-------- Data for this exercise

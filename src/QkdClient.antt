-- ===== src/QkdClient.antt =====
-- qkd_client/client.py. What httpx gives for a request is an argument: a response, or one of the two
-- exceptions that the code catches. Settings, headers and log lines are left out.
pub mod EndToEnd
use qu_mail.Prelude.{
  ℕ, String, Bool, List, Option, Bytes, if◌then◌else◌, false, some, ◌==◌, not, true, none,
}
use qu_mail.Prelude.Int.{ℤ, pos}
use qu_mail.Result.{
  ◌>>=◌, ◌>>◌, Result, ok, err, key_error, value_error, key_request_error, key_not_found,
  key_exhausted, http_error,
}

-- A response has a status and, if its text is JSON, a body.
pub data Transported (A : Type 0) : Type 0 where
  response : ℕ → Option A → Transported A
  connect_error timed_out : Transported A

-- The body of an answer with a key; an absent member is `none`.
pub record KeyData : Type 0 where
  pub key_id : Option String
  pub key_material : Option String
  pub peer_id : Option String
  pub key_type : Option String
  pub created_at : Option String

pub record StatusData : Type 0 where
  pub otp_bytes_available : Option ℕ
  pub aes_keys_available : Option ℤ
  pub pqc_keys_available : Option ℤ

-- `KeyResponse` of models.py, without the time that it was made and the flag `used`, which the client
-- only copies.
pub record ClientKey : Type 0 where
  pub key_id : String
  pub key_material : Bytes
  pub peer_id : String
  pub key_type : String

-- The dict of `get_key_status`, without the time and the text of an error.
pub record ClientStatus : Type 0 where
  pub connected : Bool
  pub otp_bytes : ℕ
  pub aes_keys : ℤ
  pub pqc_keys : ℤ

abbrev pub needed : {A : Type 0} → Option A → Result A
needed none = err key_error
needed (some a) = ok a

abbrev pub decoded : {A : Type 0} → Option A → Result A
decoded none = err value_error
decoded (some a) = ok a

abbrev pub text_or : Option String → String → String
text_or none d = d
text_or (some s) d = s

-- `data["key_id"]` and `base64.b64decode(data["key_material"])`, of a body that is JSON
abbrev pub key_of : (String → Option Bytes) → Option KeyData → Result (String × Bytes × KeyData)
key_of b64decode body = do
  d ← decoded body
  b64 ← needed d.key_material
  key_material ← decoded (b64decode b64)
  key_id ← needed d.key_id
  ok (key_id, key_material, d)

module _ (b64decode : String → Option Bytes) (is_time : String → Bool) where
  -- `datetime.fromisoformat(data.get("created_at", …))`
  abbrev pub check_time : Option String → Result (Unit {0})
  check_time none = ok tt
  check_time (some s) = if is_time s then ok tt else err value_error

  -- `request_key`: the key is answered with the peer and the type that were asked for.
  unfoldable pub request_key : String → String → Transported KeyData → Result ClientKey
  request_key peer_id key_type (response status body) =
      if status == 503
      then err key_exhausted
      else if not (status == 200)
      then err key_request_error
      else (do
        found ← key_of b64decode body
        check_time found.2.created_at
        ok (record {
          key_id = found.0;
          key_material = found.1;
          peer_id = peer_id;
          key_type = key_type;
        }))
  request_key peer_id key_type connect_error = err key_request_error
  request_key peer_id key_type timed_out = err key_request_error

  -- `get_key`
  unfoldable pub get_key : Transported KeyData → Result ClientKey
  get_key (response status body) =
      if status == 404
      then err key_not_found
      else if status == 410
      then err key_exhausted
      else if not (status == 200)
      then err key_request_error
      else (do
        found ← key_of b64decode body
        ok (record {
          key_id = found.0;
          key_material = found.1;
          peer_id = text_or found.2.peer_id "";
          key_type = text_or found.2.key_type "aes_seed";
        }))
  get_key connect_error = err key_request_error
  get_key timed_out = err key_request_error

-- `consume_key`
unfoldable pub consume_key : {A : Type 0} → Transported A → Result Bool
consume_key (response status body) =
    if status == 410
    then err key_exhausted
    else if not (status == 200)
    then err key_request_error
    else ok true
consume_key connect_error = err key_request_error
consume_key timed_out = err key_request_error

abbrev pub disconnected : ClientStatus
disconnected = record { connected = false; otp_bytes = 0; aes_keys = pos 0; pqc_keys = pos 0 }

-- `get_key_status`: a body that is no JSON is caught too.
unfoldable pub get_key_status : Transported StatusData → ClientStatus
get_key_status (response status body) = if not (status == 200) then disconnected else elim body [
  | none ↦ disconnected
  | some d ↦ record {
    connected = true;
    otp_bytes = elim d.otp_bytes_available [ none ↦ 0 | some n ↦ n ];
    aes_keys = elim d.aes_keys_available [ none ↦ pos 0 | some n ↦ n ];
    pqc_keys = elim d.pqc_keys_available [ none ↦ pos 0 | some n ↦ n ];
  }
]
get_key_status connect_error = disconnected
get_key_status timed_out = disconnected

abbrev added : Option ℤ → ℤ
added none = pos 0
added (some n) = n

-- `request_key_refresh`: the `keys_added` of the answer, if it is JSON. A timeout is not caught there.
unfoldable pub request_key_refresh : Transported (Option ℤ) → Result ℤ
request_key_refresh (response status body) =
    if not (status == 200) then err key_request_error else decoded body >>= λ n. ok (added n)
request_key_refresh connect_error = err key_request_error
request_key_refresh timed_out = err http_error
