-- ===== src/Engine/Services.antt =====
-- What the engine calls in the other parts of the program: the Key Manager's client (backend/qkd_client),
-- the key store, the table of known recipients and the post-quantum primitives, each an operation on the
-- state `S` of those parts. `os.urandom` is a draw from it.
use qu_mail.Prelude.{ℕ, String, Bool, Option, Bytes}
use qu_mail.QkdClient.{ClientKey}
use qu_mail.Engine.Action.{Action}
use qu_mail.Storage.{KnownRecipient}
use qu_mail.Engine.Envelope.{Codecs}
use qu_mail.Crypto.Primitives.{Aead, Hkdf, Sha256}

-- What stands where a public key is expected: the text of the table of known recipients, or bytes.
pub data PublicKey : Type 0 where
  text_key : String → PublicKey
  raw_key : Bytes → PublicKey

-- The packages that every device has.
pub record Library : Type 0 where
  pub aead : Aead
  pub hkdf : Hkdf
  pub sha : Sha256
  pub codecs : Codecs

-- What the engine of one device calls.
pub record Services (S : Type 0) : Type 0 where
  pub urandom : ℕ → Action S Bytes
  pub request_key : String → ℕ → String → Action S ClientKey
  pub get_key : String → Action S ClientKey
  pub consume_key : String → Action S Bool
  pub get_known_recipient : String → Action S (Option KnownRecipient)
  -- of key_store, which makes a key pair where none is stored
  pub get_public_key : String → Action S Bytes
  pub get_private_key : String → Action S Bytes
  -- of pqc.py: the encapsulated key and the shared secret, for what is given as the public key,
  -- or for a fresh one
  pub pqc_encrypt : Option PublicKey → Action S (Bytes × Bytes)
  pub pqc_decrypt : Bytes → Bytes → Action S Bytes
  pub generate_dilithium_keypair : Action S (Bytes × Bytes)
  pub dilithium_sign : Bytes → Bytes → Action S Bytes
  pub dilithium_verify : Bytes → Bytes → Bytes → Action S Bool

----------------

Problem to work on -
What is the number of lines in the listing that contain "none"? State it and nothing more.

The answer -
12